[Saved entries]

━━━━━━

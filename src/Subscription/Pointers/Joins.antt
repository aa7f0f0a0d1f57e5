-- ===== src/Subscription/Pointers/Joins.antt =====
-- The client's thread of src/SubscriptionManager.cc, from its start to its end and its join, and
-- `setExternalError`, keep the pointers good.
use device_access_opc_ua_bac.Prelude.{
  ◌&&◌, ℕ, true, false, ◌≡◌, refl, Text, List, [], ◌∷◌, none, Option-cases, inl, inr,
}
use device_access_opc_ua_bac.Prelude.Deque.{find_cell}
use device_access_opc_ua_bac.System.{System, Thread, null, running, returned, ok, when}
use device_access_opc_ua_bac.System.Safe.{
  Safe, Keeps, Safe-bind, Keeps-bind, Keeps-when, Safe-if, Safe-when, when-false, Ends, Ends-bind,
  Safe-Ends, Ends-Safe,
}
use device_access_opc_ua_bac.Subscription.{
  subscription_ends-set_inactive, is_running, DeleteAnswer, deleted_with_callback, deleted_silently,
  is_named, delete_single, subscription_ends, set_inactive, reset_monitored_items,
  remove_subscription, set_external_error,
}
use device_access_opc_ua_bac.Subscription.Worker.{
  Round, run_loop, finish_client, run_client, join, stop_client_thread,
}
use device_access_opc_ua_bac.Callbacks.{handle_all}
use device_access_opc_ua_bac.Subscription.Pointers.{Held, modify-Good}
use device_access_opc_ua_bac.Subscription.Pointers.Calls.{
  remove_subscription-Held, handle_all-Held, reset_monitored_items-Held,
}

module _ (places : List ℕ) where
  abbrev H : System → Type 0
  H = Held places none

  -- A loop that finds `_run` reset makes no round.
  pub run_loop_idle :
      (rounds : List Round) (s : System) → s.run ≡ false → run_loop rounds s ≡ ok tt s
  unfolding run_loop
  run_loop_idle [] s e = when-false s.run _ s e
  run_loop_idle (r ∷ rs) s e = when-false s.run _ s e

  abbrev pub Idle : System → Type 0
  Idle t = H t × (t.run ≡ false)

  delete_single-Idle : (d : DeleteAnswer) → Keeps Idle (delete_single d)
  unfolding delete_single subscription_ends set_inactive
  delete_single-Idle deleted_silently s h = h
  delete_single-Idle deleted_with_callback s h =
      rw (subscription_ends-set_inactive s, Safe)
        (Keeps-when Idle (s.has_manager && s.registered) set_inactive (λ t k. k) s h)

  remove_subscription-Idle : (d : DeleteAnswer) → Keeps Idle (remove_subscription d)
  unfolding remove_subscription reset_monitored_items
  remove_subscription-Idle d =
      Keeps-bind Idle (delete_single d) _ (delete_single-Idle d) λ _ s k.
        (reset_monitored_items-Held places none (record s { subscription_id = 0 }) k.0, k.1)

  finish_client-Idle : (d : DeleteAnswer) → Keeps Idle (finish_client d)
  unfolding finish_client
  finish_client-Idle d s h =
      Safe-bind Idle Idle (when s.subscription_needs_to_be_removed _) _ s (λ t k. k)
        (Keeps-when Idle _ _
          (Keeps-bind Idle (remove_subscription d) _ (remove_subscription-Idle d) (λ _ t k. k)) s h)
        (λ _ t k. ((k.0.0, ((λ e. cc), k.0.1.1)), refl))

  -- A join after `_run` was reset returns.
  join-Held :
      (th : Thread) (rounds : List Round) (d : DeleteAnswer) (s : System)
      → Idle s
      → Safe H (join th rounds d s)
  unfolding join
  join-Held null rounds d s h = h.0
  join-Held returned rounds d s h = (h.0.0, ((λ k. cc (k, h.1)), h.0.1.1))
  join-Held running rounds d s h =
      rw (run_loop_idle rounds s h.1, Safe)
        (Safe-bind Idle H (finish_client d) _ s (λ t k. k.0) (finish_client-Idle d s h)
          (λ _ t k. (k.0.0, ((λ e. cc (e, k.1)), k.0.1.1))))

  run_loop-Held : (rounds : List Round) → Keeps H (run_loop rounds)
  unfolding run_loop
  run_loop-Held [] s h = Safe-when H s.run _ s h (λ _. tt)
  run_loop-Held (r ∷ rs) s h =
      let rest : Keeps H (run_loop rs) = run_loop-Held rs in
      Safe-when H s.run _ s h (λ _.
        Safe-bind H H (handle_all r.events) _ s (λ t k. k)
          (handle_all-Held places none r.events s h)
          (λ _ t k.
            Safe-if H t.subscription_needs_to_be_removed _ _ t (λ _. k)
              (λ _. Keeps-when H r.good (run_loop rs) rest t k)))

  finish_client-Ends : (d : DeleteAnswer) (s : System) → H s → Ends Idle H (finish_client d s)
  unfolding finish_client
  finish_client-Ends d s h =
      Ends-bind H Idle H (when s.subscription_needs_to_be_removed _) _ s
        (Safe-Ends H (when s.subscription_needs_to_be_removed _ s) (
          Keeps-when H _ _
            (Keeps-bind H (remove_subscription d) _ (remove_subscription-Held places none d)
              (λ _ t k. k))
            s h))
        (λ _ t k. ((k.0, ((λ e. cc), k.1.1)), refl))

  -- The thread, from its start to its end.
  run_client-Ends :
      (rounds : List Round) (d : DeleteAnswer) (s : System)
      → H s
      → Ends Idle H (run_client rounds d s)
  unfolding run_client
  run_client-Ends rounds d s h =
      Ends-bind H Idle H (run_loop rounds) _ s
        (Safe-Ends H (run_loop rounds s) (run_loop-Held rounds s h)) (λ _. finish_client-Ends d)

  pub run_client-Held : (rounds : List Round) (d : DeleteAnswer) → Keeps H (run_client rounds d)
  unfolding run_client finish_client
  run_client-Held rounds d = Keeps-bind H (run_loop rounds) _ (run_loop-Held rounds) (λ _ s h.
      Safe-bind H H (when s.subscription_needs_to_be_removed _) _ s (λ t k. k)
        (Keeps-when H _ _
          (Keeps-bind H (remove_subscription d) _ (remove_subscription-Held places none d)
            (λ _ t k. k))
          s h)
        (λ _ t k. (k.0, ((λ e. cc), k.1.1))))

  pub join_any-Held :
      (th : Thread) (rounds : List Round) (d : DeleteAnswer) (s : System)
      → (s.run ≡ true → is_running th ≡ true)
      → H s
      → Safe H (join th rounds d s)
  unfolding join is_running
  join_any-Held null rounds d s r h = h
  join_any-Held returned rounds d s r h = (h.0, ((λ e. cc (r e)), h.1.1))
  join_any-Held running rounds d s r h = Ends-Safe H (join running rounds d s) (
      Ends-bind Idle H H (run_client rounds d) _ s (run_client-Ends rounds d s h)
        (λ _ t k. (k.0.0, ((λ e. cc (e, k.1)), k.0.1.1))))

  -- A join keeps the pointers good, whenever it is made.
  pub stop_client_thread-Held :
      (rounds : List Round) (d : DeleteAnswer) → Keeps H (stop_client_thread rounds d)
  unfolding stop_client_thread
  stop_client_thread-Held rounds d s h = join_any-Held s.thread rounds d s h.1.0 h

  pub set_external_error-Held : (name : Text) → Keeps H (set_external_error name)
  unfolding set_external_error
  set_external_error-Held name s h = elim (Option-cases (find_cell (is_named name) s.items.cells)) [
    | inl e ↦ rw (e, Safe) h
    | inr ((a, i), e) ↦
        rw (e, Safe)
          (
            modify-Good s.live places none s.items s.subscription_map a
                (λ j. record j { has_exception = true }) (λ j. (refl, refl)) (λ j k. k) h.0,
            h.1,
          )
  ]

  pub stop_halted-Held :
      (rounds : List Round) (d : DeleteAnswer) (s : System)
      → Idle s
      → Safe H (stop_client_thread rounds d s)
  unfolding stop_client_thread
  stop_halted-Held rounds d s h = join-Held s.thread rounds d s h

━━━━━━

> EXERCISE BRIEF:
Output the data exactly, so that every line matches the original.

> ANSWER BELOW:
filename src/Subscription/Pointers/Joins.antt
repository aa7f0f0a0d1f57e5
-- ===== src/Subscription/Pointers/Joins.antt =====
-- The client's thread of src/SubscriptionManager.cc, from its start to its end and its join, and
-- `setExternalError`, keep the pointers good.
use device_access_opc_ua_bac.Prelude.{
  ◌&&◌, ℕ, true, false, ◌≡◌, refl, Text, List, [], ◌∷◌, none, Option-cases, inl, inr,
}
use device_access_opc_ua_bac.Prelude.Deque.{find_cell}
use device_access_opc_ua_bac.System.{System, Thread, null, running, returned, ok, when}
use device_access_opc_ua_bac.System.Safe.{
  Safe, Keeps, Safe-bind, Keeps-bind, Keeps-when, Safe-if, Safe-when, when-false, Ends, Ends-bind,
  Safe-Ends, Ends-Safe,
}
use device_access_opc_ua_bac.Subscription.{
  subscription_ends-set_inactive, is_running, DeleteAnswer, deleted_with_callback, deleted_silently,
  is_named, delete_single, subscription_ends, set_inactive, reset_monitored_items,
  remove_subscription, set_external_error,
}
use device_access_opc_ua_bac.Subscription.Worker.{
  Round, run_loop, finish_client, run_client, join, stop_client_thread,
}
use device_access_opc_ua_bac.Callbacks.{handle_all}
use device_access_opc_ua_bac.Subscription.Pointers.{Held, modify-Good}
use device_access_opc_ua_bac.Subscription.Pointers.Calls.{
  remove_subscription-Held, handle_all-Held, reset_monitored_items-Held,
}

module _ (places : List ℕ) where
  abbrev H : System → Type 0
  H = Held places none

  -- A loop that finds `_run` reset makes no round.
  pub run_loop_idle :
      (rounds : List Round) (s : System) → s.run ≡ false → run_loop rounds s ≡ ok tt s
  unfolding run_loop
  run_loop_idle [] s e = when-false s.run _ s e
  run_loop_idle (r ∷ rs) s e = when-false s.run _ s e

  abbrev pub Idle : System → Type 0
  Idle t = H t × (t.run ≡ false)

  delete_single-Idle : (d : DeleteAnswer) → Keeps Idle (delete_single d)
  unfolding delete_single subscription_ends set_inactive
  delete_single-Idle deleted_silently s h = h
  delete_single-Idle deleted_with_callback s h =
      rw (subscription_ends-set_inactive s, Safe)
        (Keeps-when Idle (s.has_manager && s.registered) set_inactive (λ t k. k) s h)

  remove_subscription-Idle : (d : DeleteAnswer) → Keeps Idle (remove_subscription d)
  unfolding remove_subscription reset_monitored_items
  remove_subscription-Idle d =
      Keeps-bind Idle (delete_single d) _ (delete_single-Idle d) λ _ s k.
        (reset_monitored_items-Held places none (record s { subscription_id = 0 }) k.0, k.1)

  finish_client-Idle : (d : DeleteAnswer) → Keeps Idle (finish_client d)
  unfolding finish_client
  finish_client-Idle d s h =
      Safe-bind Idle Idle (when s.subscription_needs_to_be_removed _) _ s (λ t k. k)
        (Keeps-when Idle _ _
          (Keeps-bind Idle (remove_subscription d) _ (remove_subscription-Idle d) (λ _ t k. k)) s h)
        (λ _ t k. ((k.0.0, ((λ e. cc), k.0.1.1)), refl))

  -- A join after `_run` was reset returns.
  join-Held :
      (th : Thread) (rounds : List Round) (d : DeleteAnswer) (s : System)
      → Idle s
      → Safe H (join th rounds d s)
  unfolding join
  join-Held null rounds d s h = h.0
  join-Held returned rounds d s h = (h.0.0, ((λ k. cc (k, h.1)), h.0.1.1))
  join-Held running rounds d s h =
      rw (run_loop_idle rounds s h.1, Safe)
        (Safe-bind Idle H (finish_client d) _ s (λ t k. k.0) (finish_client-Idle d s h)
          (λ _ t k. (k.0.0, ((λ e. cc (e, k.1)), k.0.1.1))))

  run_loop-Held : (rounds : List Round) → Keeps H (run_loop rounds)
  unfolding run_loop
  run_loop-Held [] s h = Safe-when H s.run _ s h (λ _. tt)
  run_loop-Held (r ∷ rs) s h =
      let rest : Keeps H (run_loop rs) = run_loop-Held rs in
      Safe-when H s.run _ s h (λ _.
        Safe-bind H H (handle_all r.events) _ s (λ t k. k)
          (handle_all-Held places none r.events s h)
          (λ _ t k.
            Safe-if H t.subscription_needs_to_be_removed _ _ t (λ _. k)
              (λ _. Keeps-when H r.good (run_loop rs) rest t k)))

  finish_client-Ends : (d : DeleteAnswer) (s : System) → H s → Ends Idle H (finish_client d s)
  unfolding finish_client
  finish_client-Ends d s h =
      Ends-bind H Idle H (when s.subscription_needs_to_be_removed _) _ s
        (Safe-Ends H (when s.subscription_needs_to_be_removed _ s) (
          Keeps-when H _ _
            (Keeps-bind H (remove_subscription d) _ (remove_subscription-Held places none d)
              (λ _ t k. k))
            s h))
        (λ _ t k. ((k.0, ((λ e. cc), k.1.1)), refl))

  -- The thread, from its start to its end.
  run_client-Ends :
      (rounds : List Round) (d : DeleteAnswer) (s : System)
      → H s
      → Ends Idle H (run_client rounds d s)
  unfolding run_client
  run_client-Ends rounds d s h =
      Ends-bind H Idle H (run_loop rounds) _ s
        (Safe-Ends H (run_loop rounds s) (run_loop-Held rounds s h)) (λ _. finish_client-Ends d)

  pub run_client-Held : (rounds : List Round) (d : DeleteAnswer) → Keeps H (run_client rounds d)
  unfolding run_client finish_client
  run_client-Held rounds d = Keeps-bind H (run_loop rounds) _ (run_loop-Held rounds) (λ _ s h.
      Safe-bind H H (when s.subscription_needs_to_be_removed _) _ s (λ t k. k)
        (Keeps-when H _ _
          (Keeps-bind H (remove_subscription d) _ (remove_subscription-Held places none d)
            (λ _ t k. k))
          s h)
        (λ _ t k. (k.0, ((λ e. cc), k.1.1))))

  pub join_any-Held :
      (th : Thread) (rounds : List Round) (d : DeleteAnswer) (s : System)
      → (s.run ≡ true → is_running th ≡ true)
      → H s
      → Safe H (join th rounds d s)
  unfolding join is_running
  join_any-Held null rounds d s r h = h
  join_any-Held returned rounds d s r h = (h.0, ((λ e. cc (r e)), h.1.1))
  join_any-Held running rounds d s r h = Ends-Safe H (join running rounds d s) (
      Ends-bind Idle H H (run_client rounds d) _ s (run_client-Ends rounds d s h)
        (λ _ t k. (k.0.0, ((λ e. cc (e, k.1)), k.0.1.1))))

  -- A join keeps the pointers good, whenever it is made.
  pub stop_client_thread-Held :
      (rounds : List Round) (d : DeleteAnswer) → Keeps H (stop_client_thread rounds d)
  unfolding stop_client_thread
  stop_client_thread-Held rounds d s h = join_any-Held s.thread rounds d s h.1.0 h

  pub set_external_error-Held : (name : Text) → Keeps H (set_external_error name)
  unfolding set_external_error
  set_external_error-Held name s h = elim (Option-cases (find_cell (is_named name) s.items.cells)) [
    | inl e ↦ rw (e, Safe) h
    | inr ((a, i), e) ↦
        rw (e, Safe)
          (
            modify-Good s.live places none s.items s.subscription_map a
                (λ j. record j { has_exception = true }) (λ j. (refl, refl)) (λ j k. k) h.0,
            h.1,
          )
  ]

  pub stop_halted-Held :
      (rounds : List Round) (d : DeleteAnswer) (s : System)
      → Idle s
      → Safe H (stop_client_thread rounds d s)
  unfolding stop_client_thread
  stop_halted-Held rounds d s h = join-Held s.thread rounds d s h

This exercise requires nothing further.